• **Action item**
Restate each entry word for word, leaving nothing out.
+++
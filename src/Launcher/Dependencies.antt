-- ===== src/Launcher/Dependencies.antt =====
-- scripts/dev.mjs, `collectDependencies`: the services that the .env files of the apps name. The URL
-- constructor is a parameter. A port is its decimal text, which is how a parsed URL writes it.
pub mod Grouped
pub mod Listed
use webhook_idp.Common.{Bool, ◌||◌, Option, none, some, List, [], ◌∷◌, ◌++◌, if◌then◌else◌, reverse}
use webhook_idp.Common.Text.{Text, txt, starts_with}
use webhook_idp.Common.Stores.{Store, set, get, values}
use webhook_idp.Subscription.TargetUrl.{Url, UrlParser}

-- A variable that names a service.
pub record Known : Type 0 where
  pub key : Text
  pub label : Text
  pub default_port : Text

unfoldable pub known_services : List Known
known_services =
    record { key = txt "MONGODB_URI"; label = txt "MongoDB"; default_port = txt "27017" }
    ∷ record { key = txt "RABBIT_MQ_CONN"; label = txt "RabbitMQ"; default_port = txt "5672" }
    ∷ []

-- What of an app is read: its name and its .env file.
pub record Configured : Type 0 where
  pub name : Text
  pub env : Store Text

pub record Dependency : Type 0 where
  pub label : Text
  pub address : Option (Text × Text)
  pub target : Text
  pub used_by : List Text

abbrev pub without_first : Text → Text → Text
without_first unit [] = []
without_first unit (c ∷ s) = if starts_with (c ∷ s) unit then s else c ∷ s

-- `hostname.replace(/^\[|\]$/g, '')`
unfoldable pub without_brackets : Text → Text
without_brackets hostname =
    reverse (without_first (txt "]") (reverse (without_first (txt "[") hostname)))

-- `protocol.includes(text)`
unfoldable pub includes_text : Text → Text → Bool
includes_text [] text = starts_with [] text
includes_text (c ∷ s) text = starts_with (c ∷ s) text || includes_text s text

abbrev pub port_or : Text → Text → Text
port_or default_port [] = default_port
port_or default_port (c ∷ s) = c ∷ s

-- The host and the port to probe, if the value is a URL that names them.
abbrev pub address_of_url : Text → Option Url → Option (Text × Text)
address_of_url default_port none = none
address_of_url default_port (some url) =
    if includes_text url.protocol (txt "+srv")
    then none
    else some (without_brackets url.hostname, port_or default_port url.port)

-- `host ? host + ':' + port : value`; an empty host is not truthy.
abbrev pub target_of : Text → Option (Text × Text) → Text
target_of value none = value
target_of value (some ([], port)) = value
target_of value (some (c ∷ host, port)) = (c ∷ host) ++ b':' ∷ port

abbrev pub id_of : Dependency → Text
id_of dependency = dependency.label ++ b'@' ∷ dependency.target

-- The dependency that one app has by one variable's value.
unfoldable pub dependency_of : UrlParser → Known → Text → Text → Dependency
dependency_of parse known name value =
    let address = address_of_url known.default_port (parse value) in
    record {
      label = known.label;
      address = address;
      target = target_of value address;
      used_by = name ∷ [];
    }

abbrev pub push_or_set : Option Dependency → Dependency → Store Dependency → Store Dependency
push_or_set none new deps = set (id_of new) new deps
push_or_set (some existing) new deps =
    set (id_of new) (record existing { used_by = existing.used_by ++ new.used_by }) deps

unfoldable pub add_use : Dependency → Store Dependency → Store Dependency
add_use new deps = push_or_set (get (id_of new) deps) new deps

-- `if (!value) continue;`
abbrev pub use_of : UrlParser → Known → Text → Option Text → List Dependency
use_of parse known name none = []
use_of parse known name (some []) = []
use_of parse known name (some (c ∷ value)) = dependency_of parse known name (c ∷ value) ∷ []

abbrev pub add_all : List Dependency → Store Dependency → Store Dependency
add_all [] deps = deps
add_all (new ∷ uses) deps = add_all uses (add_use new deps)

-- The loop over the known variables, for one app.
unfoldable pub add_app : UrlParser → Configured → List Known → Store Dependency → Store Dependency
add_app parse app [] deps = deps
add_app parse app (known ∷ others) deps =
    add_app parse app others (add_all (use_of parse known app.name (get known.key app.env)) deps)

unfoldable pub add_apps : UrlParser → List Configured → Store Dependency → Store Dependency
add_apps parse [] deps = deps
add_apps parse (app ∷ apps) deps = add_apps parse apps (add_app parse app known_services deps)

unfoldable pub collect_dependencies : UrlParser → List Configured → List Dependency
collect_dependencies parse apps = values (add_apps parse apps [])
+++
• **Answer for this exercise**
filename src/Launcher/Dependencies.antt
-- ===== src/Launcher/Dependencies.antt =====
-- scripts/dev.mjs, `collectDependencies`: the services that the .env files of the apps name. The URL
-- constructor is a parameter. A port is its decimal text, which is how a parsed URL writes it.
pub mod Grouped
pub mod Listed
use webhook_idp.Common.{Bool, ◌||◌, Option, none, some, List, [], ◌∷◌, ◌++◌, if◌then◌else◌, reverse}
use webhook_idp.Common.Text.{Text, txt, starts_with}
use webhook_idp.Common.Stores.{Store, set, get, values}
use webhook_idp.Subscription.TargetUrl.{Url, UrlParser}

-- A variable that names a service.
pub record Known : Type 0 where
  pub key : Text
  pub label : Text
  pub default_port : Text

unfoldable pub known_services : List Known
known_services =
    record { key = txt "MONGODB_URI"; label = txt "MongoDB"; default_port = txt "27017" }
    ∷ record { key = txt "RABBIT_MQ_CONN"; label = txt "RabbitMQ"; default_port = txt "5672" }
    ∷ []

-- What of an app is read: its name and its .env file.
pub record Configured : Type 0 where
  pub name : Text
  pub env : Store Text

pub record Dependency : Type 0 where
  pub label : Text
  pub address : Option (Text × Text)
  pub target : Text
  pub used_by : List Text

abbrev pub without_first : Text → Text → Text
without_first unit [] = []
without_first unit (c ∷ s) = if starts_with (c ∷ s) unit then s else c ∷ s

-- `hostname.replace(/^\[|\]$/g, '')`
unfoldable pub without_brackets : Text → Text
without_brackets hostname =
    reverse (without_first (txt "]") (reverse (without_first (txt "[") hostname)))

-- `protocol.includes(text)`
unfoldable pub includes_text : Text → Text → Bool
includes_text [] text = starts_with [] text
includes_text (c ∷ s) text = starts_with (c ∷ s) text || includes_text s text

abbrev pub port_or : Text → Text → Text
port_or default_port [] = default_port
port_or default_port (c ∷ s) = c ∷ s

-- The host and the port to probe, if the value is a URL that names them.
abbrev pub address_of_url : Text → Option Url → Option (Text × Text)
address_of_url default_port none = none
address_of_url default_port (some url) =
    if includes_text url.protocol (txt "+srv")
    then none
    else some (without_brackets url.hostname, port_or default_port url.port)

-- `host ? host + ':' + port : value`; an empty host is not truthy.
abbrev pub target_of : Text → Option (Text × Text) → Text
target_of value none = value
target_of value (some ([], port)) = value
target_of value (some (c ∷ host, port)) = (c ∷ host) ++ b':' ∷ port

abbrev pub id_of : Dependency → Text
id_of dependency = dependency.label ++ b'@' ∷ dependency.target

-- The dependency that one app has by one variable's value.
unfoldable pub dependency_of : UrlParser → Known → Text → Text → Dependency
dependency_of parse known name value =
    let address = address_of_url known.default_port (parse value) in
    record {
      label = known.label;
      address = address;
      target = target_of value address;
      used_by = name ∷ [];
    }

abbrev pub push_or_set : Option Dependency → Dependency → Store Dependency → Store Dependency
push_or_set none new deps = set (id_of new) new deps
push_or_set (some existing) new deps =
    set (id_of new) (record existing { used_by = existing.used_by ++ new.used_by }) deps

unfoldable pub add_use : Dependency → Store Dependency → Store Dependency
add_use new deps = push_or_set (get (id_of new) deps) new deps

-- `if (!value) continue;`
abbrev pub use_of : UrlParser → Known → Text → Option Text → List Dependency
use_of parse known name none = []
use_of parse known name (some []) = []
use_of parse known name (some (c ∷ value)) = dependency_of parse known name (c ∷ value) ∷ []

abbrev pub add_all : List Dependency → Store Dependency → Store Dependency
add_all [] deps = deps
add_all (new ∷ uses) deps = add_all uses (add_use new deps)

-- The loop over the known variables, for one app.
unfoldable pub add_app : UrlParser → Configured → List Known → Store Dependency → Store Dependency
add_app parse app [] deps = deps
add_app parse app (known ∷ others) deps =
    add_app parse app others (add_all (use_of parse known app.name (get known.key app.env)) deps)

unfoldable pub add_apps : UrlParser → List Configured → Store Dependency → Store Dependency
add_apps parse [] deps = deps
add_apps parse (app ∷ apps) deps = add_apps parse apps (add_app parse app known_services deps)

unfoldable pub collect_dependencies : UrlParser → List Configured → List Dependency
collect_dependencies parse apps = values (add_apps parse apps [])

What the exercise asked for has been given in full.